▸ Task prompt:
Return each line of the records holding the string "length".

▸ Records for the task:

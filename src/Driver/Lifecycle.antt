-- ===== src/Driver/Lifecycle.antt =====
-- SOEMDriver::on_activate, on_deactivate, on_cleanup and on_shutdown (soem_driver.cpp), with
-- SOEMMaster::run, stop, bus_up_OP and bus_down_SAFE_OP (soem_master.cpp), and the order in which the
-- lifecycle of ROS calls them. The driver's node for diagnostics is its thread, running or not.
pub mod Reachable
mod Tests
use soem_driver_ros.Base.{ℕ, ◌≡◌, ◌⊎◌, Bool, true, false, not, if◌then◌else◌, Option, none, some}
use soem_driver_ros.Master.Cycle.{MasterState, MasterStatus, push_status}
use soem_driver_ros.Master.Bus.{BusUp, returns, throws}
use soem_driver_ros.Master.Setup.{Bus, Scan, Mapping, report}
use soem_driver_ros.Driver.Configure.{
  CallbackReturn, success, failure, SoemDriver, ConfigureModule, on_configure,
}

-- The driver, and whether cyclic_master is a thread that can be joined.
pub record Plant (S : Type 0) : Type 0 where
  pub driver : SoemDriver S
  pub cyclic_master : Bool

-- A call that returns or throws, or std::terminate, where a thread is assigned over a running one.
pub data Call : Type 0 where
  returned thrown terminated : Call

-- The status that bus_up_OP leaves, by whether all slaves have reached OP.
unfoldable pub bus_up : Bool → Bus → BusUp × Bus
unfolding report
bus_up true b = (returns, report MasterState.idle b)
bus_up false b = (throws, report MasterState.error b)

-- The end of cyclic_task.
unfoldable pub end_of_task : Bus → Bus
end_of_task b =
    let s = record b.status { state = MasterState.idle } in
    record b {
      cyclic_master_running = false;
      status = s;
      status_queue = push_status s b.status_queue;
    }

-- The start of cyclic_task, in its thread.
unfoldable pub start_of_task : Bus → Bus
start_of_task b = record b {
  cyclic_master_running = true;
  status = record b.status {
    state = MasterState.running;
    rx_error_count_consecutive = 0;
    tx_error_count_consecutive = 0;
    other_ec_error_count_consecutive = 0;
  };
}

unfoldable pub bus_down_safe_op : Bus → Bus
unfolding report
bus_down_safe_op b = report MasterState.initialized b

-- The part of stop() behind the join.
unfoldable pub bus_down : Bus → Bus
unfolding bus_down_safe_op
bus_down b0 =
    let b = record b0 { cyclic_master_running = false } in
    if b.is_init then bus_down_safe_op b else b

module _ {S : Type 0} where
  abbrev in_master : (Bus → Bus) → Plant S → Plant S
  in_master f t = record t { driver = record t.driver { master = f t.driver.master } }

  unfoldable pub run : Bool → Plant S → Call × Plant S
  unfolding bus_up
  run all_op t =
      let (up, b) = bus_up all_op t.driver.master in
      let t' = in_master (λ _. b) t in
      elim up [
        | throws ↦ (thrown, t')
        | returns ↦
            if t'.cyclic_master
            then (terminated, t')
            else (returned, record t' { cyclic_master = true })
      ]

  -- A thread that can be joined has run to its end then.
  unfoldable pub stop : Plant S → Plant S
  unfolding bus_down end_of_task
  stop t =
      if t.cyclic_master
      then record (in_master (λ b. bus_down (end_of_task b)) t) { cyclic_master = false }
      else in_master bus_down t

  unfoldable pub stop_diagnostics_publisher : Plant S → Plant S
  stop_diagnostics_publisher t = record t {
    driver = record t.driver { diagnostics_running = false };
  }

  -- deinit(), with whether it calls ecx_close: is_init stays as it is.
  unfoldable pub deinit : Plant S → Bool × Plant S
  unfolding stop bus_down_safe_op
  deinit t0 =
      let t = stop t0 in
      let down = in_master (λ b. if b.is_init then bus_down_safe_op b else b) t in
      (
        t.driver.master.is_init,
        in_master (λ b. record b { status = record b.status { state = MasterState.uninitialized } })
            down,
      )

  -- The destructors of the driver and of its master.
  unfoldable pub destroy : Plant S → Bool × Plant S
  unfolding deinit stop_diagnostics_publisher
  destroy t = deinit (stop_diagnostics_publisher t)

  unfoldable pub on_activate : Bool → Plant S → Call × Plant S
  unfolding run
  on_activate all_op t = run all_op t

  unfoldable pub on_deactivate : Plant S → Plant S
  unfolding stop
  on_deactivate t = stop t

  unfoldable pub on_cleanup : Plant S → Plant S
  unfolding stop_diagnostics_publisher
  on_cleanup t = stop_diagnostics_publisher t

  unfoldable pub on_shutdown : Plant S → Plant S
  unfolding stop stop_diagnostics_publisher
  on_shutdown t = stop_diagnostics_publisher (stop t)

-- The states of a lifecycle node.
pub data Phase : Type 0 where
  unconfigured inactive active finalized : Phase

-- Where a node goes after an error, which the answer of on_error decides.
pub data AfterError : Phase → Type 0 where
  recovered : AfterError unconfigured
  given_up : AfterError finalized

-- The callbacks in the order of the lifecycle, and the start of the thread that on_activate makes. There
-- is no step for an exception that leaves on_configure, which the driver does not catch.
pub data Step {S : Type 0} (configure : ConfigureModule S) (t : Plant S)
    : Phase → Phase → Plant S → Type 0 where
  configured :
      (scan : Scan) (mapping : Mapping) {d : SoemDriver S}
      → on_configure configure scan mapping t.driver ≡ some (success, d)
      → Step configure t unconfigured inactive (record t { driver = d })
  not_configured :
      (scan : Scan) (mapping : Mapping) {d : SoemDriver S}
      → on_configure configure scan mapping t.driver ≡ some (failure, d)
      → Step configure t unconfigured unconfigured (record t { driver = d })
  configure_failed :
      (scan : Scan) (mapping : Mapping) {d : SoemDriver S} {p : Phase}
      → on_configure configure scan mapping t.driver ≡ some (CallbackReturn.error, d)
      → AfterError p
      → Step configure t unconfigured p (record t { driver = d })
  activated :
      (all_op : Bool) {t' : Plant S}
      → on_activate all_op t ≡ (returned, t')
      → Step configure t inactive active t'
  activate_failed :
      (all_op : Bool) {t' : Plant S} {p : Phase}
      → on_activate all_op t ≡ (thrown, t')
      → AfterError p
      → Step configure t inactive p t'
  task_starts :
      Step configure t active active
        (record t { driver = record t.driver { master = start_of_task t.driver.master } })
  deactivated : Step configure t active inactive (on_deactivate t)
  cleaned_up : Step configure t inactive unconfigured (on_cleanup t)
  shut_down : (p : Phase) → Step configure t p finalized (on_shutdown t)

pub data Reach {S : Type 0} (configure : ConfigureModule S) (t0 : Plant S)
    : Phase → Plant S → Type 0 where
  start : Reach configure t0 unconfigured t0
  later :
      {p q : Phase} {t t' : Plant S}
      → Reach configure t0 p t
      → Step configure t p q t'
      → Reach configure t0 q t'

==

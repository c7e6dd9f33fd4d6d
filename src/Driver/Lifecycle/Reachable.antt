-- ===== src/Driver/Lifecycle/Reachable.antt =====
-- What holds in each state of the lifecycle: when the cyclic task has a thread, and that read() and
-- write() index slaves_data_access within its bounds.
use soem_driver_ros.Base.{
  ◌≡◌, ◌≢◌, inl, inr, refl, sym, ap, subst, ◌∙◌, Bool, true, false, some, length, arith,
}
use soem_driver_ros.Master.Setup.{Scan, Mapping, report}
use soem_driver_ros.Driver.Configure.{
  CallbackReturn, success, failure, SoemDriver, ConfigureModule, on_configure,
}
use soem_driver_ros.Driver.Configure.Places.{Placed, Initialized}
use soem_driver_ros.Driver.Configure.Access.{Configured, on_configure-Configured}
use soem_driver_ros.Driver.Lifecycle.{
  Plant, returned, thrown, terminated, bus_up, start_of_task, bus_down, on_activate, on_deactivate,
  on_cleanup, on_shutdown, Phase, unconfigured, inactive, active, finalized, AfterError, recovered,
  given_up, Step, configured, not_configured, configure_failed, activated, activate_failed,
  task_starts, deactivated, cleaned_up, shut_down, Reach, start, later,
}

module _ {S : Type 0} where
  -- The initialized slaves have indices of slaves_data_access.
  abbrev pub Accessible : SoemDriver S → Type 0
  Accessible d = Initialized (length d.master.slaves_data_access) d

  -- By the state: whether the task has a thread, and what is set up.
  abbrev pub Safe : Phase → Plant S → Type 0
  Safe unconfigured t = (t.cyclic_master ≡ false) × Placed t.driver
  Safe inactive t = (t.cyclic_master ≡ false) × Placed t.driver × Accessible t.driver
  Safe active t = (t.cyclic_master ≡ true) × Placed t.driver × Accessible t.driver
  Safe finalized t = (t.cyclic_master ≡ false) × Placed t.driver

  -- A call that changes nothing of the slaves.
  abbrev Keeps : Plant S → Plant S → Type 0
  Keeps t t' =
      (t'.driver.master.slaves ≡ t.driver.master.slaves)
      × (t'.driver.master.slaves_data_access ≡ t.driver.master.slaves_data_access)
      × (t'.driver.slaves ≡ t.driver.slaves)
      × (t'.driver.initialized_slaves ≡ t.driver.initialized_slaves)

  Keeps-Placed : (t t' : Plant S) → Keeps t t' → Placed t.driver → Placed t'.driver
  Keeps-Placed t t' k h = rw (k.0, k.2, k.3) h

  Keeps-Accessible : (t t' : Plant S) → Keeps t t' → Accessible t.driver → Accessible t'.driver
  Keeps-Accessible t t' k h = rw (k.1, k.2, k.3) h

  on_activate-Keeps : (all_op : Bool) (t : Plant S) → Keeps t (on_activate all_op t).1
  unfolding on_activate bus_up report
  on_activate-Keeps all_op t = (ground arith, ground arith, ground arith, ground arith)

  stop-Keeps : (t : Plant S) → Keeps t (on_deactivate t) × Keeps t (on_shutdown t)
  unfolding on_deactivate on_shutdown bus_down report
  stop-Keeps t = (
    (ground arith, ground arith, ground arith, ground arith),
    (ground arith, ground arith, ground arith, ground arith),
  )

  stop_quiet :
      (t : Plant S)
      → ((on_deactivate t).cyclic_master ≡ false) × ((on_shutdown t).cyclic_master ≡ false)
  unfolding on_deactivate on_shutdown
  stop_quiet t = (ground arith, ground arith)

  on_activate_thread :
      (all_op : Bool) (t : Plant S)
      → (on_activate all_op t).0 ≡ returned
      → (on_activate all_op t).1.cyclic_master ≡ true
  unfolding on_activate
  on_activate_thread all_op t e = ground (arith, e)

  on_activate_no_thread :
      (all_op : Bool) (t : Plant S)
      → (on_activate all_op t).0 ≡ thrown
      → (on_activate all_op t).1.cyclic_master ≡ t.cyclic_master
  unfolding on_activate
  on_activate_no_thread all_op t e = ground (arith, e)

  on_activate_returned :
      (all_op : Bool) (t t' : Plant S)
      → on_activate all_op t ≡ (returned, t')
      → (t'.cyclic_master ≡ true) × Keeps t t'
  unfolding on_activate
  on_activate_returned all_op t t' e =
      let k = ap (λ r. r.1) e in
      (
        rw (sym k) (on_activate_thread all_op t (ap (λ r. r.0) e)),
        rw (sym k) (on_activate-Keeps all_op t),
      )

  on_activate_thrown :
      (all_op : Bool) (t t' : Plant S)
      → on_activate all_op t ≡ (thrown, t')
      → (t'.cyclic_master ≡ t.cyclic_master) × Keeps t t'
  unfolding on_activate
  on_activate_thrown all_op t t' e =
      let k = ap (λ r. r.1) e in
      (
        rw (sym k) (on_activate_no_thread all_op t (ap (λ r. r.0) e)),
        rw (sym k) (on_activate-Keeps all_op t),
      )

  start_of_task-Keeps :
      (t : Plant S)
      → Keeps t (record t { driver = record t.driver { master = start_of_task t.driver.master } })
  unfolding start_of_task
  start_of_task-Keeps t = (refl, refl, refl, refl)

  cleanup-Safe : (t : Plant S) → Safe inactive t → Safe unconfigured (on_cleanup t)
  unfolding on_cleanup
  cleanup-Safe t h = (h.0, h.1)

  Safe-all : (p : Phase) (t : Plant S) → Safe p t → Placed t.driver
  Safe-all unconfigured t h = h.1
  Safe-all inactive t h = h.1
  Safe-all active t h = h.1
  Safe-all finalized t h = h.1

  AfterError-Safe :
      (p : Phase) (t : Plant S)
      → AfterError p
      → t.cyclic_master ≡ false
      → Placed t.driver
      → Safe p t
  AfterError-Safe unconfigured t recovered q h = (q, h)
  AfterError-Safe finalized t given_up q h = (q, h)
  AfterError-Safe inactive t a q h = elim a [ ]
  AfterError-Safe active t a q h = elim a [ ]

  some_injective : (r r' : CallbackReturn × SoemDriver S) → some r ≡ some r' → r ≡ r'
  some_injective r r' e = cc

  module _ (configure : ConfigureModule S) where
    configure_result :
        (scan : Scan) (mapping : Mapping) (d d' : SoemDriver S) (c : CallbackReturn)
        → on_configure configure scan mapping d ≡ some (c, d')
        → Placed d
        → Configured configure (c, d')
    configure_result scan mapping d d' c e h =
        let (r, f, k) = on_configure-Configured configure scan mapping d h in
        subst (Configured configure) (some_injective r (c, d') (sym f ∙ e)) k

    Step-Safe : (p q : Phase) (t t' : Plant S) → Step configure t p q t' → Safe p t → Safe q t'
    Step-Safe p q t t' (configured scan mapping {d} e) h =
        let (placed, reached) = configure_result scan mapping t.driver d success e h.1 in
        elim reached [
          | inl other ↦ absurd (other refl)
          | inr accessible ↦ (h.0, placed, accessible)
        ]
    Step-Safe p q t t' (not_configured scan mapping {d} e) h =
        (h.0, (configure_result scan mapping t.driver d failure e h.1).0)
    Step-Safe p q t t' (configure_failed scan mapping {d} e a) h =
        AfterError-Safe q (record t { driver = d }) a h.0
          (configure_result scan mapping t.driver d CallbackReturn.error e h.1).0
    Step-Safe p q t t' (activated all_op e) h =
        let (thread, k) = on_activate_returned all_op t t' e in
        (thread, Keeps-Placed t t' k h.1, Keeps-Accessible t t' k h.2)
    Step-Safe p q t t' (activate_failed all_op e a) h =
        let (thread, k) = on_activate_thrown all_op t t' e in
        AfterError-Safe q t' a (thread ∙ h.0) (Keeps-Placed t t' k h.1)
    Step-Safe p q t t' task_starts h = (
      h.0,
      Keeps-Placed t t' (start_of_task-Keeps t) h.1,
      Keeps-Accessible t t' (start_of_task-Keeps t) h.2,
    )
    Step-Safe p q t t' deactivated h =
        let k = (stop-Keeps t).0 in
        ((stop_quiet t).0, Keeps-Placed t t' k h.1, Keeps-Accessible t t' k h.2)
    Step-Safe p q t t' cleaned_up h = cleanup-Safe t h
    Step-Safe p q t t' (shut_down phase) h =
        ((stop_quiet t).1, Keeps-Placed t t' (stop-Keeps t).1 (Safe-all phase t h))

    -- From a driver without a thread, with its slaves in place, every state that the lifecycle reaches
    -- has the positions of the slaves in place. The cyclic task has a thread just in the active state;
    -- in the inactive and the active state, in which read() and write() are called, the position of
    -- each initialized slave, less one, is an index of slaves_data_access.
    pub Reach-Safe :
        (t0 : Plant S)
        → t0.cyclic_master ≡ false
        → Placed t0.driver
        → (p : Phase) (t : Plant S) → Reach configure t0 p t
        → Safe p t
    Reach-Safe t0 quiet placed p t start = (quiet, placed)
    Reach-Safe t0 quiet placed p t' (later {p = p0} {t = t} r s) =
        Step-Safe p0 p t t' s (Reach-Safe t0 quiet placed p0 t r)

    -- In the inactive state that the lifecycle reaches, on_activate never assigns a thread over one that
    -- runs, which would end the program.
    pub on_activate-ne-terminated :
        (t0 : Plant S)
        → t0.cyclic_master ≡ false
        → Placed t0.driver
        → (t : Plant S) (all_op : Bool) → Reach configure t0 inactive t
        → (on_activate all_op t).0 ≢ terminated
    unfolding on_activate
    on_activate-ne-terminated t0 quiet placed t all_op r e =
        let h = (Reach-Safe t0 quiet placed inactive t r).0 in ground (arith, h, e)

▸ Your solution:
  ◌≡◌, ◌≢◌, inl, inr, refl, sym, ap, subst, ◌∙◌, Bool, true, false, some, length, arith,
  Accessible d = Initialized (length d.master.slaves_data_access) d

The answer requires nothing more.